What to produce:
Every line from the top of the material through the line holding "-- Route requests" should be copied exactly, and only those lines.

Entries supplied:

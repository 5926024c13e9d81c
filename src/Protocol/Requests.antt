-- ===== src/Protocol/Requests.antt =====
-- Route requests that arrive: `RecvRequest`, `SendReply` and `SendReplyByIntermediateNode` of
-- aodv-routing-protocol.cc. The acknowledgement timer that the last sets up on a local copy of an
-- entry is given up with the copy.
use fp_jaringan_nirkabel.Base.{
  ℕ, ◌+◌, ◌-◌, ◌%◌, ◌^◌, ◌==◌, ◌&&◌, ◌||◌, not, ltb, Bool, true, false, Option, none, some, List,
  [], ◌∷◌, ◌++◌, if◌then◌else◌, map, ◌>>=◌,
}
use fp_jaringan_nirkabel.Net.{Time}
use fp_jaringan_nirkabel.Platform.{Platform}
use fp_jaringan_nirkabel.RouteEntry.{
  RoutingTableEntry, InterfaceAddress, valid, new_entry, insert_precursor, get_life_time,
  set_life_time, set_valid_seq_no, set_seq_no, set_flag, set_output_device, set_interface, set_hop,
  set_next_hop,
}
use fp_jaringan_nirkabel.RoutingTable.{RoutingTable, lookup_route, add_route, update}
use fp_jaringan_nirkabel.Packet.Rreq.{RreqHeader, get_unknown_seqno}
use fp_jaringan_nirkabel.Packet.Rrep.{RrepHeader, new_header, set_ack_required}
use fp_jaringan_nirkabel.Discovery.{Event, broadcast, bcast_destination, bcast_time}
use fp_jaringan_nirkabel.Protocol.{
  Node, Protocol, Output, issued, replied, through, table_of, sockets_of, with_table,
}

-- `int32_t(a) - int32_t(b) >= 0`
unfoldable pub is_current : ℕ → ℕ → Bool
is_current a b = ltb ((a + 2 ^ 32 - b) % 2 ^ 32) (2 ^ 31)

-- The sequence number is raised only where the request asks for the next one.
unfoldable pub reply_seq_no : ℕ → RreqHeader → ℕ
unfolding get_unknown_seqno
reply_seq_no seq_no h =
    let next = (seq_no + 1) % 2 ^ 32 in
    if not (get_unknown_seqno h) && h.dst_seq_no == next then next else seq_no

-- The entry of the node that a request came from, as the request changes it.
unfoldable pub requested_neighbor : Node → Time → ℕ → ℕ → ℕ → RoutingTableEntry → RoutingTableEntry
unfolding set_life_time set_valid_seq_no set_seq_no set_flag set_output_device set_interface set_hop
    set_next_hop
requested_neighbor node now seq_no src receiver e = set_next_hop src (
    set_hop 1 (
      set_interface (node.ip.interface_of receiver) (
        set_output_device (node.ip.device_of receiver) (
          set_flag valid (
            set_seq_no seq_no
              (set_valid_seq_no false (set_life_time now node.active_route_timeout e)))))))

-- The request is sent on with the time to live that is left.
unfoldable pub rebroadcast : ℕ → RreqHeader → List (ℕ × InterfaceAddress) → List Event
unfolding bcast_destination
rebroadcast ttl h [] = []
rebroadcast ttl h ((socket, iface) ∷ ss) =
    broadcast socket h (ttl - 1) (bcast_destination iface) ∷ rebroadcast ttl h ss

-- A route that this node may announce, to the number that the request knows.
unfoldable pub is_fresh : RreqHeader → RoutingTableEntry → Bool
unfolding get_unknown_seqno is_current
is_fresh h to_dst =
    (get_unknown_seqno h || is_current to_dst.seq_no h.dst_seq_no) && to_dst.valid_seq_no

-- A reply that announces the route `to`, as it is known here, along the route `back`.
unfoldable pub announcement : Node → Time → RoutingTableEntry → RoutingTableEntry → RrepHeader
unfolding new_header get_life_time
announcement node now to back =
    new_header node.clock 0 (to.hops % 2 ^ 8) to.route.destination to.seq_no back.route.destination
      (get_life_time now to)

unfoldable pub reply_along : RoutingTableEntry → RrepHeader → Output
reply_along back h = replied back.interface h (back.hops % 2 ^ 8) back.route.gateway

-- The reply to the origin, which asks a neighbour of the destination for an acknowledgement, and the
-- gratuitous one to the destination.
unfoldable pub intermediate_replies :
    Node
    → Time
    → RoutingTableEntry
    → RoutingTableEntry
    → Bool
    → List (ℕ × InterfaceAddress)
    → Option (List Output)
unfolding announcement set_ack_required reply_along through
intermediate_replies node now to_dst to_origin grat_rep ss = do
  let h = announcement node now to_dst to_origin
  let reply = if to_dst.hops == 1 then set_ack_required true h else h
  out ← through to_origin.interface ss (reply_along to_origin reply ∷ [])
  more ←
      if grat_rep
      then through to_dst.interface ss
          (reply_along to_dst (announcement node now to_origin to_dst) ∷ [])
      else some []
  some (out ++ more)

module _ {D : Type 0} ⦃o : Platform D⦄ where
  unfoldable pub send_reply :
      Node → RreqHeader → RoutingTableEntry → Protocol D → Option (Protocol D × List Output)
  unfolding reply_seq_no new_header reply_along through
  send_reply node h to_origin s = do
    let seq_no = reply_seq_no s.discovery.seq_no h
    let reply =
        new_header node.clock 0 0 h.dst seq_no to_origin.route.destination node.my_route_timeout
    out ← through to_origin.interface (sockets_of s) (reply_along to_origin reply ∷ [])
    some (record s { discovery = record s.discovery { seq_no = seq_no } }, out)

  -- Each of the two routes gets the other's next hop as a precursor.
  unfoldable pub linked :
      Time → RoutingTableEntry → RoutingTableEntry → RoutingTable D → RoutingTable D
  unfolding lookup_route insert_precursor update
  linked now to_dst to_origin t =
      let t1 = if to_dst.hops == 1 then (lookup_route now to_origin.route.gateway t).0 else t in
      let to_dst' = (insert_precursor to_origin.route.gateway to_dst).0 in
      let to_origin' = (insert_precursor to_dst.route.gateway to_origin).0 in
      (update to_origin' (update to_dst' t1).0).0

  unfoldable pub send_reply_by_intermediate_node :
      Node
      → Time
      → RoutingTableEntry
      → RoutingTableEntry
      → Bool
      → Protocol D
      → Option (Protocol D × List Output)
  unfolding linked intermediate_replies
  send_reply_by_intermediate_node node now to_dst to_origin grat_rep s = do
    out ← intermediate_replies node now to_dst to_origin grat_rep (sockets_of s)
    some (with_table (linked now to_dst to_origin (table_of s)) s, out)

  unfoldable pub update_requested_neighbor :
      Node → Time → ℕ → ℕ → ℕ → RoutingTable D → RoutingTable D
  unfolding lookup_route add_route new_entry requested_neighbor update
  update_requested_neighbor node now seq_no src receiver t =
      let (t1, found) = lookup_route now src t in
      elim found [
        | none ↦
            (add_route now
              (new_entry now (node.ip.device_of receiver) src false seq_no
                (node.ip.interface_of receiver) 1 src node.active_route_timeout)
              t1).0
        | some to_neighbor ↦
            (update (requested_neighbor node now seq_no src receiver to_neighbor) t1).0
      ]

  -- The end of `RecvRequest`, which sends the request on.
  unfoldable pub pass_on : Time → ℕ → RreqHeader → Protocol D → Protocol D × List Output
  unfolding rebroadcast bcast_time
  pass_on now ttl h s = if ltb ttl 2 then (s, []) else (
    record s {
      discovery = record s.discovery {
        last_bcast_time = bcast_time now (sockets_of s) s.discovery.last_bcast_time;
      };
    },
    map issued (rebroadcast ttl h (sockets_of s)),
  )
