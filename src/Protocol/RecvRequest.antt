-- ===== src/Protocol/RecvRequest.antt =====
-- `RecvRequest` of aodv-routing-protocol.cc, for a header that was taken off its packet, with the
-- packet's time to live.
use fp_jaringan_nirkabel.Base.{
  ℕ, ◌+◌, ◌*◌, ◌%◌, ◌^◌, ◌==◌, ◌&&◌, not, Bool, false, Option, none, some, List, [], if◌then◌else◌,
  pos, ◌*ℤ◌, ◌-ℤ◌,
}
use fp_jaringan_nirkabel.Net.{Time}
use fp_jaringan_nirkabel.Platform.{Platform}
use fp_jaringan_nirkabel.RouteEntry.{RoutingTableEntry, is_valid}
use fp_jaringan_nirkabel.RoutingTable.{RoutingTable, lookup_route}
use fp_jaringan_nirkabel.IdCache.{is_duplicate}
use fp_jaringan_nirkabel.Packet.Rreq.{
  RreqHeader, set_unknown_seqno, get_destination_only, get_gratuitous_rrep,
}
use fp_jaringan_nirkabel.Routing.{update_reverse_route, reversed}
use fp_jaringan_nirkabel.Discovery.{or_default}
use fp_jaringan_nirkabel.Protocol.{
  Node, Protocol, Output, is_my_own_address, table_of, sockets_of, with_table, hello_time, ◌▹◌,
  update_neighbor,
}
use fp_jaringan_nirkabel.Protocol.Requests.{
  is_fresh, send_reply, send_reply_by_intermediate_node, update_requested_neighbor, pass_on,
}

unfoldable pub is_blacklisted : Option RoutingTableEntry → Bool
is_blacklisted none = false
is_blacklisted (some to_prev) = to_prev.black_list_state

-- The header with this hop.
unfoldable pub counted_hop : RreqHeader → RreqHeader
counted_hop h = record h { hop_count = (h.hop_count + 1) % 2 ^ 8 }

-- The variable `toOrigin` after the reverse route is written.
unfoldable pub to_origin_variable :
    Node → Time → RreqHeader → ℕ → ℕ → Option RoutingTableEntry → RoutingTableEntry
unfolding or_default reversed
to_origin_variable node now h receiver src none = or_default node.parameters now none
to_origin_variable node now h receiver src (some to_origin) =
    let p = node.parameters in
    reversed node.ip now h.origin_seq_no h.hop_count src receiver
      (pos 2 *ℤ p.net_traversal_time -ℤ pos (2 * h.hop_count) *ℤ p.node_traversal_time) to_origin

-- What a lookup leaves in a variable.
unfoldable pub or_previous : RoutingTableEntry → Option RoutingTableEntry → RoutingTableEntry
or_previous previous none = previous
or_previous previous (some rt) = rt

-- The request knows the destination's number that this node knows.
unfoldable pub informed : RreqHeader → RoutingTableEntry → RreqHeader
unfolding set_unknown_seqno
informed h to_dst = set_unknown_seqno false (record h { dst_seq_no = to_dst.seq_no })

module _ {D : Type 0} ⦃o : Platform D⦄ where
  -- Past the routes to the origin and the neighbour, at a node that is not the destination.
  unfoldable pub answer_or_pass_on :
      Node
      → Time
      → RreqHeader
      → ℕ
      → ℕ
      → RoutingTableEntry
      → Protocol D
      → Option (Protocol D × List Output)
  unfolding lookup_route is_fresh get_destination_only is_valid or_previous get_gratuitous_rrep
      send_reply_by_intermediate_node pass_on informed
  answer_or_pass_on node now h src ttl to_origin s =
      let (t, found) = lookup_route now h.dst (table_of s) in
      let s1 = with_table t s in
      elim found [
        | none ↦ some (pass_on now ttl h s1)
        | some to_dst ↦
            let (t2, again) = lookup_route now h.origin t in
            if to_dst.route.gateway == src
            then some (s1, [])
            else if not (is_fresh h to_dst)
            then some (pass_on now ttl h s1)
            else if not (get_destination_only h) && is_valid to_dst.flag
            then send_reply_by_intermediate_node node now to_dst (or_previous to_origin again)
                (get_gratuitous_rrep h) (with_table t2 s)
            else some (pass_on now ttl (informed h to_dst) s1)
      ]

  unfoldable pub answer :
      Node
      → Time
      → RreqHeader
      → ℕ
      → ℕ
      → RoutingTableEntry
      → Protocol D
      → Option (Protocol D × List Output)
  unfolding is_my_own_address lookup_route or_previous send_reply answer_or_pass_on
  answer node now h src ttl to_origin s =
      let (t, found) = lookup_route now h.origin (table_of s) in
      if is_my_own_address h.dst (sockets_of s)
      then send_reply node h (or_previous to_origin found) (with_table t s)
      else answer_or_pass_on node now h src ttl to_origin s

  -- The routes that a request leaves, with the header past this hop.
  unfoldable pub learn : Node → Time → RreqHeader → ℕ → ℕ → RoutingTable D → RoutingTable D
  unfolding update_reverse_route update_requested_neighbor
  learn node now h receiver src t =
      let p = node.parameters in
      update_requested_neighbor node now h.origin_seq_no src receiver (
        update_reverse_route node.ip now p.net_traversal_time p.node_traversal_time h.origin
          h.origin_seq_no h.hop_count src receiver t)

  -- Past the tests on the blacklist and on duplicates.
  unfoldable pub recv_new_request :
      Node → Time → RreqHeader → ℕ → ℕ → ℕ → Protocol D → Option (Protocol D × List Output)
  unfolding learn counted_hop to_origin_variable lookup_route update_neighbor hello_time answer
  recv_new_request node now h receiver src ttl s =
      let h' = counted_hop h in
      let to_origin =
        to_origin_variable node now h' receiver src (lookup_route now h.origin (table_of s)).1 in
      update_neighbor node now src (hello_time node)
        (with_table (learn node now h' receiver src (table_of s)) s)
      ▹ answer node now h' src ttl to_origin

  unfoldable pub recv_request :
      Node
      → Time
      → RreqHeader
      → (receiver src ttl : ℕ) → Protocol D
      → Option (Protocol D × List Output)
  unfolding lookup_route is_blacklisted is_duplicate recv_new_request
  recv_request node now h receiver src ttl s =
      let (t, prev) = lookup_route now src (table_of s) in
      let s1 = with_table t s in
      let (c, duplicate) = is_duplicate now h.origin h.request_id s.discovery.id_cache in
      let s2 : Protocol D = record s1 { discovery = record s1.discovery { id_cache = c } } in
      if is_blacklisted prev
      then some (s1, [])
      else if duplicate
      then some (s2, [])
      else recv_new_request node now h receiver src ttl s2
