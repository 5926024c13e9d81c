-- ===== src/Protocol/Replies.antt =====
-- Route replies that arrive: `RecvReply`, `SendReplyAck`, `RecvReplyAck` and `ProcessHello` of
-- aodv-routing-protocol.cc, for headers that were taken off their packets. `ProcessEnhancedReply`
-- fills a local variable only.
use fp_jaringan_nirkabel.Base.{
  ℕ, ◌+◌, ◌-◌, ◌%◌, ◌^◌, ◌==◌, ltb, true, false, Option, none, some, List, [], ◌∷◌, if◌then◌else◌,
  max_ℤ, ◌>>=◌,
}
use fp_jaringan_nirkabel.AddressMap.{erase}
use fp_jaringan_nirkabel.Net.{Time}
use fp_jaringan_nirkabel.Platform.{Platform}
use fp_jaringan_nirkabel.RouteEntry.{
  RoutingTableEntry, valid, is_in_search, new_entry, insert_precursor, get_life_time, set_life_time,
  set_valid_seq_no, set_seq_no, set_flag, set_output_device, set_interface, set_hop, set_next_hop,
}
use fp_jaringan_nirkabel.RoutingTable.{
  RoutingTable, lookup_route, lookup_valid_route, add_route, update,
}
use fp_jaringan_nirkabel.RoutingTable.Alternatives.{add_multipath_route}
use fp_jaringan_nirkabel.Packet.Rrep as Rrep
use fp_jaringan_nirkabel.Packet.Rrep.{RrepHeader, get_ack_required, set_ack_required}
use fp_jaringan_nirkabel.Routing.{update_forward_route}
use fp_jaringan_nirkabel.Discovery.{or_default}
use fp_jaringan_nirkabel.Protocol.{
  Node, Protocol, Output, replied, acknowledged, through, is_my_own_address, table_of, sockets_of,
  with_table, hello_time, ◌▹◌, update_neighbor,
}
use fp_jaringan_nirkabel.Protocol.Queueing.{send_packet_from_queue}
use fp_jaringan_nirkabel.Protocol.RecvRequest.{or_previous}

-- The entry of a neighbour that says hello.
unfoldable pub greeting : Node → Time → RrepHeader → ℕ → RoutingTableEntry → RoutingTableEntry
unfolding set_life_time get_life_time set_valid_seq_no set_seq_no set_flag set_output_device
    set_interface set_hop set_next_hop hello_time
greeting node now h receiver e = set_next_hop h.dst (
    set_hop 1 (
      set_interface (node.ip.interface_of receiver) (
        set_output_device (node.ip.device_of receiver) (
          set_flag valid (
            set_valid_seq_no true (
              set_seq_no h.dst_seq_no
                (set_life_time now (max_ℤ (hello_time node) (get_life_time now e)) e)))))))

-- The route that a reply offers, whose hop count counts this hop.
unfoldable pub offer : Node → Time → RrepHeader → ℕ → ℕ → RoutingTableEntry
unfolding new_entry Rrep.get_life_time
offer node now h receiver sender =
    new_entry now (node.ip.device_of receiver) h.dst true h.dst_seq_no
      (node.ip.interface_of receiver) h.hop_count sender (Rrep.get_life_time node.clock h)

unfoldable pub acknowledged_header : RrepHeader → RrepHeader
unfolding get_ack_required set_ack_required
acknowledged_header h = if get_ack_required h then set_ack_required false h else h

module _ {D : Type 0} ⦃o : Platform D⦄ where
  unfoldable pub send_reply_ack : Node → Time → ℕ → Protocol D → Option (Protocol D × List Output)
  unfolding lookup_route or_default through
  send_reply_ack node now neighbor s = do
    let (t, found) = lookup_route now neighbor (table_of s)
    let iface = (or_default node.parameters now found).interface
    out ← through iface (sockets_of s) (acknowledged iface neighbor ∷ [])
    some (with_table t s, out)

  unfoldable pub recv_reply_ack : Time → ℕ → Protocol D → Protocol D
  unfolding lookup_route set_flag update
  recv_reply_ack now neighbor s =
      let (t, found) = lookup_route now neighbor (table_of s) in
      elim found [ none ↦ with_table t s | some rt ↦ with_table (update (set_flag valid rt) t).0 s ]

  -- The route to a neighbour that says hello.
  unfoldable pub greeted_table : Node → Time → RrepHeader → ℕ → RoutingTable D → RoutingTable D
  unfolding lookup_route add_route new_entry Rrep.get_life_time greeting update
  greeted_table node now h receiver t =
      let (t1, found) = lookup_route now h.dst t in
      elim found [
        | none ↦
            (add_route now
              (new_entry now (node.ip.device_of receiver) h.dst true h.dst_seq_no
                (node.ip.interface_of receiver) 1 h.dst (Rrep.get_life_time node.clock h))
              t1).0
        | some to_neighbor ↦ (update (greeting node now h receiver to_neighbor) t1).0
      ]

  unfoldable pub process_hello :
      Node → Time → RrepHeader → ℕ → Protocol D → Option (Protocol D × List Output)
  unfolding greeted_table update_neighbor hello_time
  process_hello node now h receiver s =
      let t = greeted_table node now h receiver (table_of s) in
      if node.enable_hello
      then update_neighbor node now h.dst (hello_time node) (with_table t s)
      else some (with_table t s, [])

  -- The entry of an address gets a precursor; where there is none, the variable is a fresh entry.
  unfoldable pub add_precursor : Node → Time → ℕ → ℕ → RoutingTable D → RoutingTable D
  unfolding lookup_route or_default insert_precursor update
  add_precursor node now addr precursor t =
      let (t', found) = lookup_route now addr t in
      (update (insert_precursor precursor (or_default node.parameters now found)).0 t').0

  -- The precursors of a forwarded reply.
  unfoldable pub link_precursors :
      Node → Time → RoutingTableEntry → RoutingTableEntry → RoutingTable D → RoutingTable D
  unfolding insert_precursor update add_precursor
  link_precursors node now to_origin to_dst t =
      let back = to_origin.route.gateway in
      let ahead = to_dst.route.gateway in
      add_precursor node now back ahead (
        (update (insert_precursor ahead to_origin).0
          (add_precursor node now ahead back (update (insert_precursor back to_dst).0 t).0)).0)

  -- The search for the destination ends with the route that is offered.
  unfoldable pub settled : RoutingTableEntry → RoutingTableEntry → Protocol D → Protocol D
  unfolding is_in_search update erase
  settled offered to_dst s =
      if is_in_search to_dst.flag
      then record s {
        discovery = record s.discovery {
          table = (update offered (table_of s)).0;
          address_req_timer = erase offered.route.destination s.discovery.address_req_timer;
        };
      }
      else s

  -- A reply to a request of this node.
  unfoldable pub recv_own_reply :
      Node
      → Time
      → RoutingTableEntry
      → RoutingTableEntry
      → Protocol D
      → Option (Protocol D × List Output)
  unfolding settled lookup_route or_previous send_packet_from_queue
  recv_own_reply node now offered to_dst s =
      let dst = offered.route.destination in
      let s1 = settled offered to_dst s in
      let (t, found) = lookup_route now dst (table_of s1) in
      send_packet_from_queue node now dst (or_previous to_dst found).route (with_table t s1)

  -- The reply goes on along the reverse route, and the path that it took is kept as an alternative.
  unfoldable pub pass_reply_on :
      Node
      → Time
      → RrepHeader
      → ℕ
      → ℕ
      → RoutingTableEntry
      → Protocol D
      → Option (Protocol D × List Output)
  unfolding through add_multipath_route
  pass_reply_on node now h sender ttl to_origin s = if ltb ttl 2 then some (s, []) else do
    out ←
        through to_origin.interface (sockets_of s)
          (replied to_origin.interface h (ttl - 1) to_origin.route.gateway ∷ [])
    some (
      if s.multipath_enabled
          then with_table
              (add_multipath_route now h.dst sender h.hop_count node.active_route_timeout
                (table_of s))
              s
          else s,
      out,
    )

  -- The route to the origin is written, and the precursors where the destination has a valid route.
  unfoldable pub precursed : Node → Time → ℕ → RoutingTableEntry → RoutingTable D → RoutingTable D
  unfolding update lookup_valid_route link_precursors
  precursed node now dst to_origin t =
      let (t1, valid_route) = lookup_valid_route now dst (update to_origin t).0 in
      elim valid_route [ none ↦ t1 | some to_dst ↦ link_precursors node now to_origin to_dst t1 ]

  unfoldable pub forward_reply :
      Node → Time → RrepHeader → ℕ → ℕ → Protocol D → Option (Protocol D × List Output)
  unfolding lookup_route is_in_search set_life_time get_life_time precursed pass_reply_on
  forward_reply node now h sender ttl s =
      let (t, found) = lookup_route now h.origin (table_of s) in
      elim found [
        | none ↦ some (with_table t s, [])
        | some rt ↦
            let to_origin =
              set_life_time now (max_ℤ node.active_route_timeout (get_life_time now rt)) rt in
            if is_in_search rt.flag
            then some (with_table t s, [])
            else pass_reply_on node now h sender ttl to_origin
                (with_table (precursed node now h.dst to_origin t) s)
      ]

  -- Past the test for a hello message; the header counts this hop.
  unfoldable pub recv_route_reply :
      Node → Time → RrepHeader → ℕ → ℕ → ℕ → Protocol D → Option (Protocol D × List Output)
  unfolding offer lookup_route or_default update_forward_route get_ack_required send_reply_ack
      acknowledged_header is_my_own_address recv_own_reply forward_reply
  recv_route_reply node now h receiver sender ttl s =
      let offered = offer node now h receiver sender in
      let to_dst = or_default node.parameters now (lookup_route now h.dst (table_of s)).1 in
      let s1 = with_table (update_forward_route now offered (table_of s)) s in
      (if get_ack_required h then send_reply_ack node now sender s1 else some (s1, [])) ▹ λ s'.
      if is_my_own_address h.origin (sockets_of s')
      then recv_own_reply node now offered to_dst s'
      else forward_reply node now (acknowledged_header h) sender ttl s'

  unfoldable pub recv_reply :
      Node
      → Time
      → RrepHeader
      → (receiver sender ttl : ℕ) → Protocol D
      → Option (Protocol D × List Output)
  unfolding process_hello recv_route_reply
  recv_reply node now h receiver sender ttl s =
      let h' : RrepHeader = record h { hop_count = (h.hop_count + 1) % 2 ^ 8 } in
      if h'.dst == h'.origin
      then process_hello node now h' receiver s
      else recv_route_reply node now h' receiver sender ttl s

Solution to this exercise:
repository 5926024c13e9d81c
filename src/Protocol/Requests.antt
-- ===== src/Protocol/Requests.antt =====
-- Route requests that arrive: `RecvRequest`, `SendReply` and `SendReplyByIntermediateNode` of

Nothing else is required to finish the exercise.